_Task data_
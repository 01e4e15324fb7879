-- ===== src/Notification/Retry.antt =====
-- internal/notification/retry.go and jitter.go: when a failed attempt is made again.
pub mod Bounds
use rc_pangjiahui.Prelude.{
  ℕ, zero, suc, ◌-◌, ℤ, pos, negsuc, ◌+ℤ◌, ◌-ℤ◌, leb_ℤ, ltb_ℤ, List, [], ◌∷◌, Option, none, some,
  ◌||◌, ltb, leb, ◌==◌, if◌then◌else◌, length,
}
use rc_pangjiahui.Notification.Model.{Time, Duration, RetryPolicy}

-- The bounds of time.Duration, an int64.
abbrev pub max_duration : Duration
max_duration = pos 9_223_372_036_854_775_807

abbrev pub min_duration : Duration
min_duration = negsuc 9_223_372_036_854_775_807

-- t.Sub(u), which stops at the bounds.
unfoldable pub time_sub : Time → Time → Duration
time_sub t u =
    let d = t -ℤ u in
    if ltb_ℤ max_duration d then max_duration else if ltb_ℤ d min_duration then min_duration else d

-- policy.Delays[i], where i is in range.
abbrev pub delay_at : List Duration → ℕ → Duration
delay_at [] i = pos 0
delay_at (d ∷ ds) zero = d
delay_at (d ∷ ds) (suc i) = delay_at ds i

abbrev pub jittered : Option (Duration → Duration) → Duration → Duration
jittered none delay = delay
jittered (some apply) delay = apply delay

-- The delay after the given attempt, from the table and before any jitter.
unfoldable pub configured_delay : List Duration → ℕ → Duration
configured_delay delays attempt =
    delay_at delays (if leb (length delays) (attempt - 1) then length delays - 1 else attempt - 1)

-- The second half of NextAttempt: the configured delay.
unfoldable pub by_delay : RetryPolicy → ℕ → Time → Option (Duration → Duration) → Option Time
unfolding configured_delay
by_delay policy attempt now jitter =
    let delay = jittered jitter (configured_delay policy.delays attempt) in
    if ltb_ℤ delay (pos 0) || ltb_ℤ policy.lifetime delay then none else some (now +ℤ delay)

unfoldable pub next_attempt :
    RetryPolicy → ℕ → Option Time → Time → Option (Duration → Duration) → Option Time
unfolding time_sub
next_attempt policy attempt retry_after now jitter =
    if leb policy.max_attempts attempt || attempt == 0 || length policy.delays == 0
    then none
    else elim retry_after [
      | none ↦ by_delay policy attempt now jitter
      | some at ↦
          if ltb_ℤ now at
          then (if ltb_ℤ policy.lifetime (time_sub at now) then none else some at)
          else by_delay policy attempt now jitter
    ]

-- BoundedJitter.Apply. `scale` stands for the product with the random factor, converted back to a
-- duration.
unfoldable pub apply_jitter : (Duration → Duration) → Duration → Duration
apply_jitter scale delay =
    if leb_ℤ delay (pos 0)
    then delay
    else let result = scale delay in if ltb_ℤ result (pos 1) then pos 1 else result
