-- ===== src/Delivery/Service.antt =====
-- internal/delivery/service.go. What the service takes from outside, its lease token, the readings
-- of its clock, the limiter's answer and the supplier's, is in the record `Surroundings`.
pub mod Postgres
pub mod Attempt
pub mod Cases
pub mod Effects
pub mod Records
pub mod Lifted
use rc_pangjiahui.Prelude.{ℕ, String, Bool, not, ◌+ℤ◌, Option, none, some, if◌then◌else◌}
use rc_pangjiahui.Notification.Model.{
  Time, Duration, Outcome, retryable, permanent, DeliverySnapshot, Task, AttemptResult, Claim,
}
use rc_pangjiahui.Notification.Retry.{next_attempt}
use rc_pangjiahui.Store.Tables.{Fallible, ok, err}

pub record Message : Type 0 where
  pub event_id : String
  pub notification_id : String

pub data Disposition : Type 0 where
  ack requeue reject : Disposition

-- The methods of Repository over a state `S`.
pub record Repository (S : Type 0) : Type 0 where
  pub claim_delivery : String → String → Time → S → S × Fallible Claim
  pub apply_delivery_result : String → String → AttemptResult → S → S × Fallible Bool

-- delivery.Result
pub record SendResult : Type 0 where
  pub outcome : Outcome
  pub http_status : ℕ
  pub error_code : String
  pub error_message : String
  pub retry_after : Option Time

pub record Surroundings : Type 0 where
  pub lease : String
  pub now : Time
  pub acquires : String → ℕ → Bool
  pub send : DeliverySnapshot → SendResult
  pub completed_at : Time
  pub jitter : Option (Duration → Duration)
  pub lease_ttl : Duration

-- What Handle returns, with the call of the supplier that it made and the outcome it observed.
pub record Handled : Type 0 where
  pub disposition : Disposition
  pub sent : Option DeliverySnapshot
  pub observed : Option String

abbrev pub unsent : Disposition → Handled
unsent d = record { disposition = d; sent = none; observed = none }

-- The result that is recorded: a retry has its time, and one that has none is permanent.
unfoldable pub attempt_of : Surroundings → Task → SendResult → AttemptResult
attempt_of env task result =
    let attempt : AttemptResult = record {
      outcome = result.outcome;
      http_status = result.http_status;
      error_code = result.error_code;
      error_message = result.error_message;
      next_attempt_at = none;
      completed_at = env.completed_at;
    } in
    elim result.outcome [
      | retryable ↦
          elim (next_attempt task.snapshot.retry task.attempt_count result.retry_after
            env.completed_at env.jitter) [
              | some next ↦ record attempt { next_attempt_at = some next }
              | none ↦ record attempt { outcome = permanent }
            ]
      | _ ↦ attempt
    ]

-- string(attempt.Outcome), with "dead" for permanent.
abbrev pub outcome_label : Outcome → String
outcome_label Outcome.delivered = "delivered"
outcome_label retryable = "retryable"
outcome_label permanent = "dead"

module _ {S : Type 0} (repository : Repository S) where
  -- Handle after a claim that was acquired.
  unfoldable pub deliver : Surroundings → Message → Task → S → S × Handled
  deliver env message task s =
      if not (env.acquires task.snapshot.destination_id task.snapshot.concurrency_limit)
      then (s, unsent requeue)
      else let attempt = attempt_of env task (env.send task.snapshot) in
        let (s', applied) =
          repository.apply_delivery_result message.notification_id env.lease attempt s in
        elim applied [
          | err e ↦
              (s', record { disposition = requeue; sent = some task.snapshot; observed = none })
          | ok done ↦ (
            s',
            record {
              disposition = ack;
              sent = some task.snapshot;
              observed = if done then some (outcome_label attempt.outcome) else none;
            },
          )
        ]

  unfoldable pub handle : Surroundings → Message → S → S × Handled
  unfolding deliver
  handle env message s =
      let (s', claimed) =
        repository.claim_delivery message.notification_id env.lease (env.now +ℤ env.lease_ttl) s in
      elim claimed [
        | err e ↦ (s', unsent requeue)
        | ok claim ↦
            if not claim.acquired then (s', unsent ack) else deliver env message claim.task s'
      ]
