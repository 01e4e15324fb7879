-- ===== src/Broker.antt =====
-- What Consume of internal/messaging/rabbitmq/consumer.go reads of a delivery, and how the loop of the
-- worker in internal/app/bootstrap.go settles it. The client library amqp091-go and JSON are
-- parameters.
pub mod Client
pub mod Opening
pub mod Consumer
use rc_pangjiahui.Prelude.{
  String, Bool, true, false, not, ◌||◌, ◌≡◌, ◌↔◌, ◌=ₛ◌, Option, none, some, arith, if◌then◌else◌,
}
use rc_pangjiahui.Store.Tables.{Error, other}
use rc_pangjiahui.Delivery.Service.{Message, Disposition, ack, requeue, reject}

-- What becomes of a delivery of the broker.
pub data Settlement : Type 0 where
  acked requeued rejected : Settlement

-- The message of a delivery, if it is well formed.
unfoldable pub accept : (String → Option Message) → String → Option Message
accept unmarshal body = elim (unmarshal body) [
  | none ↦ none
  | some m ↦ if m.event_id =ₛ "" || m.notification_id =ₛ "" then none else some m
]

abbrev pub settle : Disposition → Settlement
settle ack = Settlement.acked
settle requeue = Settlement.requeued
settle reject = Settlement.rejected
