-- ===== src/Broker/Client.antt =====
-- Publish of internal/messaging/rabbitmq/publisher.go: the client with what its two channels hold
-- between calls. The client library amqp091-go puts a confirmation into
-- one channel and a returned message into the other as they arrive; that each of them holds one value
-- before the library has to wait is not modelled.
use rc_pangjiahui.Prelude.{
  ℕ, ◌+◌, String, Bool, true, false, not, ◌≡◌, refl, ap, ◌∙◌, Option, none, some, List, [], ◌∷◌,
  ◌++◌, arith, if◌then◌else◌,
}
use rc_pangjiahui.Store.Tables.{Error, other}

pub record Confirmation : Type 0 where
  pub delivery_tag : ℕ
  pub acked : Bool

-- The unread confirmations and returned messages, whether the channels are closed, and the tag that
-- the library gives to the next message.
pub record Client : Type 0 where
  pub confirms : List Confirmation
  pub returns : List String
  pub closed : Bool
  pub next_tag : ℕ

pub data Arrival : Type 0 where
  confirmed : Confirmation → Arrival
  returned : String → Arrival
  shut : Arrival

-- The library puts what arrives into the channels.
unfoldable pub receive : List Arrival → Client → Client
receive [] client = client
receive (confirmed c ∷ arrivals) client =
    receive arrivals (record client { confirms = client.confirms ++ c ∷ [] })
receive (returned text ∷ arrivals) client =
    receive arrivals (record client { returns = client.returns ++ text ∷ [] })
receive (shut ∷ arrivals) client = receive arrivals (record client { closed = true })

-- The cases of the select of Publish.
pub data Case : Type 0 where
  takes_return takes_confirmation takes_context : Case

-- What a call of Publish meets: whether the message can be written and handed to the library, what
-- arrives before the select decides, whether the context is done by then, and which of several ready
-- cases the select takes.
pub record Call : Type 0 where
  pub marshalled : Bool
  pub sent : Bool
  pub arrivals : List Arrival
  pub context_done : Bool
  pub choice : Case

abbrev pub confirm_lost : Option Error
confirm_lost = some (other "publisher confirm lost")

abbrev pub message_returned : Option Error
message_returned = some (other "message returned by broker")

-- After a confirmation: a returned message that is there by now is an error, and so is the zero value
-- that a closed channel gives.
abbrev after_confirmation : Confirmation → List Confirmation → Client → Client × Option Error
after_confirmation c rest client =
    if not c.acked then (record client { confirms = rest }, confirm_lost) else elim client.returns [
      | [] ↦ (record client { confirms = rest }, if client.closed then message_returned else none)
      | text ∷ texts ↦ (record client { confirms = rest; returns = texts }, message_returned)
    ]

abbrev pub context_ended : Option Error
context_ended = some (other "publisher confirm lost, and the context's error")

-- A channel can be read if it holds a value or is closed.
abbrev is_readable {ℓ} : {A : Type ℓ} → Bool → List A → Bool
is_readable closed [] = closed
is_readable closed (x ∷ xs) = true

abbrev read_return : Client → Client × Option Error
read_return client = elim client.returns [
  | [] ↦ (client, message_returned)
  | text ∷ texts ↦ (record client { returns = texts }, message_returned)
]

abbrev read_confirmation : Client → Client × Option Error
read_confirmation client = elim client.confirms [
  | [] ↦ (client, confirm_lost)
  | c ∷ rest ↦ after_confirmation c rest client
]

-- What the select does with a channel if it can be read, and with the rest otherwise.
abbrev first_return : Client → Client × Option Error → Client × Option Error
first_return client rest =
    if is_readable client.closed client.returns then read_return client else rest

abbrev first_confirmation : Client → Client × Option Error → Client × Option Error
first_confirmation client rest =
    if is_readable client.closed client.confirms then read_confirmation client else rest

-- The select: the chosen case if it is ready, and otherwise another that is. With nothing ready it
-- waits for the end of the context.
unfoldable pub select_first : Case → Bool → Client → Client × Option Error
select_first takes_return context_done client =
    first_return client (first_confirmation client (client, context_ended))
select_first takes_confirmation context_done client =
    first_confirmation client (first_return client (client, context_ended))
select_first takes_context context_done client =
    if context_done
    then (client, context_ended)
    else first_confirmation client (first_return client (client, context_ended))

unfoldable pub publish_on : Call → Client → Client × Option Error
unfolding receive select_first
publish_on call client =
    if not call.marshalled
    then (client, some (other "marshal message"))
    else if not call.sent
    then (client, some (other "publish message"))
    else select_first call.choice call.context_done
        (receive call.arrivals (record client { next_tag = client.next_tag + 1 }))

-- A call in time to which the broker answers with one confirmation of its message.
abbrev answered_call : Client → Bool → Case → Call
answered_call client acked choice = record {
  marshalled = true;
  sent = true;
  arrivals = confirmed (record { delivery_tag = client.next_tag; acked = acked }) ∷ [];
  context_done = false;
  choice = choice;
}

-- Nothing is left to read from an earlier call, and the channels are open.
abbrev pub IsQuiet : Client → Type 0
IsQuiet client = (client.confirms ≡ []) × (client.returns ≡ []) × (client.closed ≡ false)

-- The calls one after the other, each with the broker's answer to its message and the choice of its
-- select.
unfoldable pub publish_each : List (Bool × Case) → Client → Client × List (Option Error)
publish_each [] client = (client, [])
publish_each ((acked, choice) ∷ answers) client =
    let (client', error) = publish_on (answered_call client acked choice) client in
    let (client'', errors) = publish_each answers client' in (client'', error ∷ errors)

-- The errors that the answers call for.
abbrev pub errors_of : List (Bool × Case) → List (Option Error)
errors_of [] = []
errors_of ((acked, choice) ∷ answers) = (if acked then none else confirm_lost) ∷ errors_of answers

answered-IsQuiet :
    (client : Client) (acked : Bool) (choice : Case)
    → IsQuiet client
    → IsQuiet (publish_on (answered_call client acked choice) client).0
      × ((publish_on (answered_call client acked choice) client).1
          ≡ (if acked then none else confirm_lost))
unfolding publish_on
answered-IsQuiet client true choice q = ground (arith, q)
answered-IsQuiet client false choice q = ground (arith, q)

-- As long as the broker answers each message with one confirmation and returns none, and no context
-- is done before its select decides, each call reports the answer to its own message, whichever case
-- its select would choose, and nothing is left for the next.
pub publish_each_own :
    (answers : List (Bool × Case)) (client : Client)
    → IsQuiet client
    → IsQuiet (publish_each answers client).0
      × ((publish_each answers client).1 ≡ errors_of answers)
unfolding publish_each
publish_each_own [] client q = (q, refl)
publish_each_own ((acked, choice) ∷ answers) client q =
    let after = publish_on (answered_call client acked choice) client in
    let (quiet, error) = answered-IsQuiet client acked choice q in
    let (rest, errors) = publish_each_own answers after.0 quiet in
    (
      rest,
      ap (λ e. e ∷ (publish_each answers after.0).1) error
          ∙ ap (◌∷◌ (if acked then none else confirm_lost)) errors,
    )

-- A broker answers a message that it cannot route with the message and then with a confirmation.
abbrev pub returned_call : Client → String → Case → Call
returned_call client text choice = record {
  marshalled = true;
  sent = true;
  arrivals =
      returned text ∷ confirmed (record { delivery_tag = client.next_tag; acked = true }) ∷ [];
  context_done = false;
  choice = choice;
}

-- A call whose context is done when the confirmation is there.
abbrev pub late_call : Client → Bool → Call
late_call client acked = record (answered_call client acked takes_context) { context_done = true }

-- A call in time before whose select nothing arrives.
abbrev pub silent_call : Case → Call
silent_call choice = record {
  marshalled = true;
  sent = true;
  arrivals = [];
  context_done = false;
  choice = choice;
}

-- If the select takes a returned message, or the end of the context, while the confirmation is there,
-- the confirmation stays unread: the call reports the error, and the next call reports the old
-- confirmation as its own before anything arrives for it, whichever case its select would choose. If
-- the select takes the confirmation of a returned message first, the returned message is read with it,
-- and nothing is left.
pub publish_on-stale :
    (client : Client) (text : String) (acked : Bool) (choice : Case)
    → IsQuiet client
    → (((publish_on (returned_call client text takes_return) client).1 ≡ message_returned)
        × ((publish_on
              (silent_call choice)
              (publish_on (returned_call client text takes_return) client).0).1
            ≡ none))
      × (((publish_on (late_call client acked) client).1 ≡ context_ended)
          × ((publish_on (silent_call choice) (publish_on (late_call client acked) client).0).1
              ≡ (if acked then none else confirm_lost)))
      × (((publish_on (returned_call client text takes_confirmation) client).1 ≡ message_returned)
          × IsQuiet (publish_on (returned_call client text takes_confirmation) client).0)
unfolding publish_on
publish_on-stale client text acked choice q = (
  (ground (arith, q), ground (arith, q)),
  (ground (arith, q), ground (arith, q)),
  (ground (arith, q), (ground (arith, q), ground (arith, q), ground (arith, q))),
)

_Assignment_
Only the number is required: state how many lines of the entries hold the word "whether".

_Output of the exercise_
3